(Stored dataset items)

■ ■ ■ ■ ■

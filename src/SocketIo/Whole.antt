-- ===== src/SocketIo/Whole.antt =====
-- `read_full` and `read_resp`: they end, and what they return is the next bytes of the stream.
use mathlib.Core.List.{append_assoc, append-nil}
use redis_database_basic_imp.Prelude.{
  ℕ, zero, suc, ◌+◌, ◌-◌, ◌≤◌, ◌<◌, ◌≡◌, refl, sym, ap, ◌∙◌, inl, inr, true, Bool-cases, Option,
  none, some, [], ◌∷◌, ◌++◌, arith, ltb, leb, ◌==◌, length, length-append, take, take-length_append,
}
use redis_database_basic_imp.Prelude.Bytes.{Bytes, le32}
use redis_database_basic_imp.Prelude.Run.{Run, Returns}
use redis_database_basic_imp.Request.{k_max_msg}
use redis_database_basic_imp.Request.Sound.{AreBytes, load32-some}
use redis_database_basic_imp.Connection.{Io, done, interrupted, would_block, failed, Kernel}
use redis_database_basic_imp.Connection.Step.{HasRead, IsKernel}
use redis_database_basic_imp.Connection.Request.{All-append}
use redis_database_basic_imp.SocketIo.{read_next, read_full, read_resp, read_body, checked}

-- What a `read` returns is the front of the stream, and any other end of the call leaves the stream.
abbrev pub IsFront : Bytes → Io Bytes → Bytes → Type 0
IsFront s (done bs) s' = s ≡ bs ++ s'
IsFront s interrupted s' = s' ≡ s
IsFront s would_block s' = Unit
IsFront s failed s' = Unit

pub take-length : (xs : Bytes) → take (length xs) xs ≡ xs
take-length xs =
    ap (take (length xs)) (sym (append-nil xs)) ∙ take-length_append xs [] (length xs) refl

head_is : (xs : Bytes) (n : ℕ) → length xs ≡ 4 → take 4 xs ≡ le32 n → xs ≡ le32 n
head_is xs n size four = sym (take-length xs) ∙ ap (λ k. take k xs) size ∙ four

module _ {W : Type 0} (kernel : Kernel W) (budget : W → ℕ) (law : IsKernel kernel budget)
    (stream : W → Bytes)
    (in_order : (cap : ℕ) (w : W)
      → let r = kernel.sys_read cap w in IsFront (stream w) r.0 (stream r.1)) where
  -- The bytes `buf` and the next `len` of the stream `s`, where the call succeeds.
  abbrev pub IsWhole : ℕ → Bytes → ℕ → Bytes → Option Bytes × W → Type 0
  IsWhole b buf len s (none, w) = budget w ≤ b
  IsWhole b buf len s (some bs, w) =
      (budget w ≤ b) × AreBytes bs × (length bs ≡ length buf + len) × (buf ++ s ≡ bs ++ stream w)

  IsWhole-push :
      (b len : ℕ) (buf got s : Bytes) (w : W) (r : Option Bytes × W)
      → s ≡ got ++ stream w
      → length got ≤ len
      → IsWhole b (buf ++ got) (len - length got) (stream w) r
      → IsWhole b buf len s r
  IsWhole-push b len buf got s w (none, w') f l p = p
  IsWhole-push b len buf got s w (some bs, w') f l (less, bytes, size, front) = (
    less,
    bytes,
    omega (arith, size, l, length-append buf got),
    ap (λ t. buf ++ t) f ∙ sym (append_assoc buf got (stream w)) ∙ front,
  )

  IsWhole-later :
      (b c : ℕ) (buf : Bytes) (len : ℕ) (s : Bytes) (r : Option Bytes × W)
      → b ≤ c
      → IsWhole b buf len s r
      → IsWhole c buf len s r
  IsWhole-later b c buf len s (none, w) l p = omega (arith, l, p)
  IsWhole-later b c buf len s (some bs, w) l (less, bytes, size, front) =
      (omega (arith, l, less), bytes, size, front)

  read_next-IsWhole :
      (loop : Bytes → ℕ → W → Run (Option Bytes × W)) (b : ℕ) (buf : Bytes) (len : ℕ) (s : Bytes)
      (r : Io Bytes × W)
      → ((buf' : Bytes) (len' : ℕ) (w : W)
          → AreBytes buf'
          → budget w < b
          → Returns (IsWhole b buf' len' (stream w)) (loop buf' len' w))
      → AreBytes buf
      → HasRead len b r.0 (budget r.1)
      → IsFront s r.0 (stream r.1)
      → Returns (IsWhole b buf len s) (read_next kernel loop buf len r)
  read_next-IsWhole loop b buf len s (done [], w) ih bytes h f =
      ((none, w), refl, omega (arith, h.2))
  read_next-IsWhole loop b buf len s (would_block, w) ih bytes h f = ((none, w), refl, h)
  read_next-IsWhole loop b buf len s (failed, w) ih bytes h f = ((none, w), refl, h)
  read_next-IsWhole loop b buf len s (interrupted, w) ih bytes h f =
      rw (sym f) (ih buf len w bytes h)
  read_next-IsWhole loop b buf len s (done (x ∷ xs), w) ih bytes h f =
      let fits : leb (length (x ∷ xs)) len ≡ true = ground (arith, h.0) in
      let (r, run, p) =
        ih (buf ++ (x ∷ xs)) (len - length (x ∷ xs)) w
          (All-append (λ b. b < 256) buf (x ∷ xs) bytes h.1) h.2 in
      (r, rw (fits, run) refl, IsWhole-push b len buf (x ∷ xs) s w r f h.0 p)

  read_full-IsWhole :
      (fuel : ℕ) (buf : Bytes) (len : ℕ) (w : W)
      → AreBytes buf
      → budget w < fuel
      → Returns (IsWhole (budget w) buf len (stream w)) (read_full kernel fuel buf len w)
  unfolding read_full
  read_full-IsWhole zero buf len w bytes l = absurd (omega (arith, l))
  read_full-IsWhole (suc fuel) buf len w bytes l = elim (Bool-cases (len == 0)) [
    | inl stop ↦
        let z : len ≡ 0 = ground arith in
        ((some buf, w), rw stop refl, (omega arith, bytes, omega (arith, z), refl))
    | inr more ↦
        let next =
          read_next-IsWhole (read_full kernel fuel) (budget w) buf len (stream w)
            (kernel.sys_read len w)
            (λ buf' len' w' bytes' l'.
              let (r, run, p) = read_full-IsWhole fuel buf' len' w' bytes' (omega (arith, l, l')) in
              (
                r,
                run,
                IsWhole-later (budget w') (budget w) buf' len' (stream w') r (omega (arith, l')) p,
              ))
            bytes (law.read_law len w) (in_order len w) in
        rw more next
  ]

  -- What `read_resp` returns of the stream `s`: the body of the frame at its front.
  abbrev pub IsResponse : Bytes → Option Bytes × W → Type 0
  IsResponse s (none, w) = Unit
  IsResponse s (some body, w) =
      (s ≡ le32 (length body) ++ (body ++ stream w)) × (1 ≤ length body) × (length body ≤ k_max_msg)

  checked-IsResponse :
      (s : Bytes) (w : W) (len b : ℕ) (r : Option Bytes × W)
      → s ≡ le32 len ++ stream w
      → len ≤ k_max_msg
      → IsWhole b [] len (stream w) r
      → Returns (IsResponse s) (checked kernel r)
  checked-IsResponse s w len b (none, w') e l p = (_, refl, tt)
  checked-IsResponse s w len b (some body, w') e l (less, bytes, size, front) =
      elim (Bool-cases (ltb (length body) 1)) [
        | inl empty ↦ ((none, w'), rw empty refl, tt)
        | inr full ↦ (
          (some body, w'),
          rw full refl,
          (
            e
                ∙ ap (λ n. le32 n ++ stream w) (omega (arith, size))
                ∙ ap (λ t. le32 (length body) ++ t) front,
            ground arith,
            omega (arith, size, l),
          ),
        )
      ]

  read_body-IsResponse :
      (fuel b : ℕ) (s : Bytes) (r : Option Bytes × W)
      → b < fuel
      → IsWhole b [] 4 s r
      → Returns (IsResponse s) (read_body kernel fuel r)
  read_body-IsResponse fuel b s (none, w) l p = (_, refl, tt)
  read_body-IsResponse fuel b s (some head, w) l (less, bytes, size, front) =
      let (len, load, four, small) = load32-some head bytes (omega (arith, size)) in
      elim (Bool-cases (ltb k_max_msg len)) [
        | inl big ↦ ((none, w), rw (load, big) refl, tt)
        | inr fits ↦
            let e : s ≡ le32 len ++ stream w =
              front ∙ ap (λ h. h ++ stream w) (head_is head len (omega (arith, size)) four) in
            let (r, run, p) = read_full-IsWhole fuel [] len w tt (omega (arith, l, less)) in
            let (r', run', q) = checked-IsResponse s w len (budget w) r e (ground arith) p in
            (r', rw (load, fits, run) run', q)
      ]

  -- `read_resp` ends within the calls that the kernel answers, and a response that it returns is the
  -- body of the frame at the front of the stream, whole, not empty and at most `k_max_msg` bytes, for
  -- a kernel within its bounds that gives the bytes of the stream in order.
  pub read_resp-IsResponse :
      (fuel : ℕ) (w : W)
      → budget w < fuel
      → Returns (IsResponse (stream w)) (read_resp kernel fuel w)
  unfolding read_resp
  read_resp-IsResponse fuel w l =
      let (r, run, p) = read_full-IsWhole fuel [] 4 w tt l in
      rw run (read_body-IsResponse fuel (budget w) (stream w) r l p)
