-- ===== src/SocketIo/Sent.antt =====
-- `write_all`: it ends, and it sends all of its bytes in order or fails.
use mathlib.Core.List.{append_assoc, append-nil}
use redis_database_basic_imp.Prelude.{
  ℕ, zero, suc, ◌≤◌, ◌<◌, ◌≡◌, refl, sym, ap, ◌∙◌, inl, inr, true, Bool-cases, Option, none, some,
  [], ◌∷◌, ◌++◌, arith, leb, ◌==◌, length, take, drop, take-append-drop,
}
use redis_database_basic_imp.Prelude.Bytes.{Bytes}
use redis_database_basic_imp.Prelude.Run.{Run, Returns}
use redis_database_basic_imp.Connection.{Io, done, interrupted, would_block, failed, Kernel}
use redis_database_basic_imp.Connection.Step.{HasWritten, IsKernel}
use redis_database_basic_imp.SocketIo.{write_next, write_all}

-- What a `write` of `buf` adds to the bytes that were sent.
abbrev pub IsSent : Bytes → Bytes → Io ℕ → Bytes → Type 0
IsSent buf s (done n) s' = s' ≡ s ++ take n buf
IsSent buf s interrupted s' = s' ≡ s
IsSent buf s would_block s' = Unit
IsSent buf s failed s' = Unit

-- The bytes that were sent, and those that are to be read, which no `write` changes.
pub record IsSocket {W : Type 0} (kernel : Kernel W) (sent stream : W → Bytes) : Type 0 where
  pub in_order :
      (buf : Bytes) (w : W) → let r = kernel.sys_write buf w in IsSent buf (sent w) r.0 (sent r.1)
  pub apart : (buf : Bytes) (w : W) → stream (kernel.sys_write buf w).1 ≡ stream w

nothing_left : (buf s : Bytes) → (length buf == 0) ≡ true → s ≡ s ++ buf
nothing_left [] s e = sym (append-nil s)
nothing_left (b ∷ buf) s e = absurd (ground arith)

module _ {W : Type 0} (kernel : Kernel W) (budget : W → ℕ) (law : IsKernel kernel budget)
    (sent stream : W → Bytes) (socket : IsSocket kernel sent stream) where
  -- Where `write_all` of `buf` ends, from a state where `s` was sent and `t` is to be read.
  pub record IsWritten (b : ℕ) (buf s t : Bytes) (r : Option (Unit {0}) × W) : Type 0 where
    pub less : budget r.1 ≤ b
    pub apart : stream r.1 ≡ t
    pub whole : r.0 ≡ some tt → sent r.1 ≡ s ++ buf

  stopped :
      (b : ℕ) (buf s t : Bytes) (w : W)
      → budget w ≤ b
      → stream w ≡ t
      → IsWritten b buf s t (none, w)
  stopped b buf s t w l e = record { less = l; apart = e; whole = λ z. absurd (grind arith) }

  write_next-IsWritten :
      (loop : Bytes → W → Run (Option (Unit {0}) × W)) (b : ℕ) (buf s t : Bytes) (r : Io ℕ × W)
      → ((buf' : Bytes) (w : W)
          → budget w < b
          → Returns (IsWritten (budget w) buf' (sent w) (stream w)) (loop buf' w))
      → HasWritten (length buf) b r.0 (budget r.1)
      → IsSent buf s r.0 (sent r.1)
      → stream r.1 ≡ t
      → Returns (IsWritten b buf s t) (write_next kernel loop buf r)
  write_next-IsWritten loop b buf s t (done zero, w) ih h f e =
      ((none, w), refl, stopped b buf s t w (omega (arith, h.1)) e)
  write_next-IsWritten loop b buf s t (would_block, w) ih h f e =
      ((none, w), refl, stopped b buf s t w h e)
  write_next-IsWritten loop b buf s t (failed, w) ih h f e =
      ((none, w), refl, stopped b buf s t w h e)
  write_next-IsWritten loop b buf s t (interrupted, w) ih h f e =
      let (r, run, p) = ih buf w h in
      (
        r,
        run,
        record {
          less = omega (arith, h, p.less);
          apart = p.apart ∙ e;
          whole = λ z. p.whole z ∙ ap (λ x. x ++ buf) f;
        },
      )
  write_next-IsWritten loop b buf s t (done (suc n), w) ih h f e =
      let fits : leb (suc n) (length buf) ≡ true = ground (arith, h.0) in
      let (r, run, p) = ih (drop (suc n) buf) w h.1 in
      (
        r,
        rw fits run,
        record {
          less = omega (arith, h.1, p.less);
          apart = p.apart ∙ e;
          whole = λ z.
              p.whole z
              ∙ ap (λ x. x ++ drop (suc n) buf) f
              ∙ append_assoc s (take (suc n) buf) (drop (suc n) buf)
              ∙ ap (λ x. s ++ x) (take-append-drop (suc n) buf);
        },
      )

  pub write_all-IsWritten :
      (fuel : ℕ) (buf : Bytes) (w : W)
      → budget w < fuel
      → Returns (IsWritten (budget w) buf (sent w) (stream w)) (write_all kernel fuel buf w)
  unfolding write_all
  write_all-IsWritten zero buf w l = absurd (omega (arith, l))
  write_all-IsWritten (suc fuel) buf w l = elim (Bool-cases (length buf == 0)) [
    | inl stop ↦ (
      (some tt, w),
      rw stop refl,
      record { less = omega arith; apart = refl; whole = λ z. nothing_left buf (sent w) stop },
    )
    | inr more ↦ rw more (
        write_next-IsWritten (write_all kernel fuel) (budget w) buf (sent w) (stream w)
          (kernel.sys_write buf w)
          (λ buf' w' l'. write_all-IsWritten fuel buf' w' (omega (arith, l, l')))
          (law.write_law buf w) (socket.in_order buf w) (socket.apart buf w))
  ]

■ ■ ■ ■ ■

Please return only the lines above, starting at the line that has "let e : s ≡" and ending at the line that has "read_resp-IsResponse fuel w", keeping both and leaving each one unchanged.

            let e : s ≡ le32 len ++ stream w =
              front ∙ ap (λ h. h ++ stream w) (head_is head len (omega (arith, size)) four) in
            let (r, run, p) = read_full-IsWhole fuel [] len w tt (omega (arith, l, less)) in
            let (r', run', q) = checked-IsResponse s w len (budget w) r e (ground arith) p in
            (r', rw (load, fits, run) run', q)
      ]

  -- `read_resp` ends within the calls that the kernel answers, and a response that it returns is the
  -- body of the frame at the front of the stream, whole, not empty and at most `k_max_msg` bytes, for
  -- a kernel within its bounds that gives the bytes of the stream in order.
  pub read_resp-IsResponse :
      (fuel : ℕ) (w : W)
      → budget w < fuel
      → Returns (IsResponse (stream w)) (read_resp kernel fuel w)
  unfolding read_resp
  read_resp-IsResponse fuel w l =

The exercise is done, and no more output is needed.